§ Required work: The task calls for each line of the records below in which the word "Type" appears.

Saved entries
***

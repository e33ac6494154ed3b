-- ===== src/Store/Exact.antt =====
-- The memory store against the map from keys to records that it stands for, one operation at a time.
use pingora_reverse_proxy.Prelude.{
  ◌≡◌, ◌≤◌, ◌⊎◌, refl, Option, none, some, ok, Text, if◌then◌else◌, arith,
}
use pingora_reverse_proxy.Map.{get, insert}
use pingora_reverse_proxy.Map.Laws.{same, get-insert, get-remove, eq_of_same}
use pingora_reverse_proxy.Map.Order.{text_ord}
use pingora_reverse_proxy.Route.{RouteKey, RouteData, Instant}
use pingora_reverse_proxy.Store.{ActivityFloor, current, Outcome, done, Store}
use pingora_reverse_proxy.Store.Memory.{MemoryStore, memory_store, raised_to, update_activity}

-- The later of an instant and a floor, if there is one.
abbrev pub IsLatest : Option Instant → Instant → Instant → Type 0
IsLatest none at n = n ≡ at
IsLatest (some floor) at n = (at ≤ n) × (floor ≤ n) × ((n ≡ at) ⊎ (n ≡ floor))

raised_to-IsLatest :
    (floor : Option Instant) (at : Instant) → IsLatest floor at (raised_to floor at)
raised_to-IsLatest none at = refl
raised_to-IsLatest (some floor) at = omega arith

module _ {X : Type 0} where
  -- One key has the given record, if any, and the others have what they had.
  abbrev pub Only : RouteKey → Option (RouteData X) → MemoryStore X → MemoryStore X → Type 0
  Only key o before after =
      (k : RouteKey) → get k after.routes ≡ (if same k key then o else get k before.routes)

  -- A record with its instant replaced, if there is one.
  abbrev pub with_activity : Instant → Option (RouteData X) → Option (RouteData X)
  with_activity at none = none
  with_activity at (some route) =
      some (record { target = route.target; last_activity = at; extra = route.extra })

  -- The result of a store that kept the given target and extra fields under a key.
  pub record Kept (key : RouteKey) (target : Text) (extra : X) (at : Instant)
      (floor : Option Instant) (before : MemoryStore X) (r : Outcome (RouteData X) × MemoryStore X)
      : Type 0 where
    pub route : RouteData X
    pub is_returned : r.0 ≡ done (ok route)
    pub is_stored : Only key (some route) before r.1
    pub target_law : route.target ≡ target
    pub extra_law : route.extra ≡ extra
    pub activity_law : IsLatest floor at route.last_activity

  -- What each operation of a store whose state is the memory store's does to the map.
  pub record IsExact (store : Store (MemoryStore X) X) : Type 0 where
    pub snapshot_law : (s : MemoryStore X) → store.snapshot s ≡ done (ok s.routes)
    pub add_law :
        (now : Instant) (key : RouteKey) (target : Text) (extra : X) (floor : ActivityFloor)
        (s : MemoryStore X)
        → Kept key target extra now (current floor) s (store.add now key target extra floor s)
    pub put_law :
        (key : RouteKey) (route : RouteData X) (s : MemoryStore X)
        → ((store.put key route s).0 ≡ done (ok tt))
          × Only key (some route) s (store.put key route s).1
    pub put_preserving_activity_law :
        (key : RouteKey) (route : RouteData X) (floor : ActivityFloor) (s : MemoryStore X)
        → Kept key route.target route.extra route.last_activity
            (current floor)
            s
            (store.put_preserving_activity key route floor s)
    pub update_activity_law :
        (key : RouteKey) (at : Instant) (s : MemoryStore X)
        → ((store.update_activity key at s).0 ≡ done (ok tt))
          × Only key (with_activity at (get key s.routes)) s (store.update_activity key at s).1
    pub delete_law :
        (key : RouteKey) (s : MemoryStore X)
        → ((store.delete key s).0 ≡ done (ok (get key s.routes)))
          × Only key none s (store.delete key s).1

  insert-Only :
      (key : RouteKey) (route : RouteData X) (s : MemoryStore X)
      → Only key (some route) s (record { routes = insert key route s.routes })
  insert-Only key route s k = get-insert k key route s.routes

  same-none :
      (key k : RouteKey) (s : MemoryStore X)
      → get key s.routes ≡ none
      → get k s.routes ≡ (if same k key then none else get k s.routes)
  same-none key k s e = ground (arith, eq_of_same k key, e)

  update_activity-Only :
      (key : RouteKey) (at : Instant) (s : MemoryStore X) (o : Option (RouteData X))
      → get key s.routes ≡ o
      → ((update_activity key at s).0 ≡ done (ok tt))
        × Only key (with_activity at (get key s.routes)) s (update_activity key at s).1
  unfolding update_activity
  update_activity-Only key at s none e = rw (e, update_activity) (refl, λ k. same-none key k s e)
  update_activity-Only key at s (some route) e =
      rw (e, update_activity) (refl, insert-Only key (record route { last_activity = at }) s)

-- The memory store: no operation fails, and each changes the record of its key at most. `add` and
-- `put_preserving_activity` store and return a record with the given target and extra fields and the
-- later of the clock's or the given instant and the floor; `put` stores the given record;
-- `update_activity` sets the instant of a record that is there and adds none; `delete` removes and
-- returns the record; `snapshot` returns the whole map.
pub memory_store-IsExact : (X : Type 0) → IsExact (memory_store X)
unfolding memory_store
memory_store-IsExact X = record {
  snapshot_law = λ s. refl;
  add_law = λ now key target extra floor s. record {
    route = record {
      target = target;
      last_activity = raised_to (current floor) now;
      extra = extra;
    };
    is_returned = refl;
    is_stored = λ k. get-insert k key _ s.routes;
    target_law = refl;
    extra_law = refl;
    activity_law = raised_to-IsLatest (current floor) now;
  };
  put_law = λ key route s. (refl, λ k. get-insert k key route s.routes);
  put_preserving_activity_law = λ key route floor s. record {
    route = record route { last_activity = raised_to (current floor) route.last_activity };
    is_returned = refl;
    is_stored = λ k. get-insert k key _ s.routes;
    target_law = refl;
    extra_law = refl;
    activity_law = raised_to-IsLatest (current floor) route.last_activity;
  };
  update_activity_law = λ key at s. update_activity-Only key at s (get key s.routes) refl;
  delete_law = λ key s. (refl, λ k. get-remove k key s.routes);
}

***

§ Expected answer:
abbrev pub IsLatest : Option Instant → Instant → Instant → Type 0
module _ {X : Type 0} where
  abbrev pub Only : RouteKey → Option (RouteData X) → MemoryStore X → MemoryStore X → Type 0
      : Type 0 where
  pub record IsExact (store : Store (MemoryStore X) X) : Type 0 where
pub memory_store-IsExact : (X : Type 0) → IsExact (memory_store X)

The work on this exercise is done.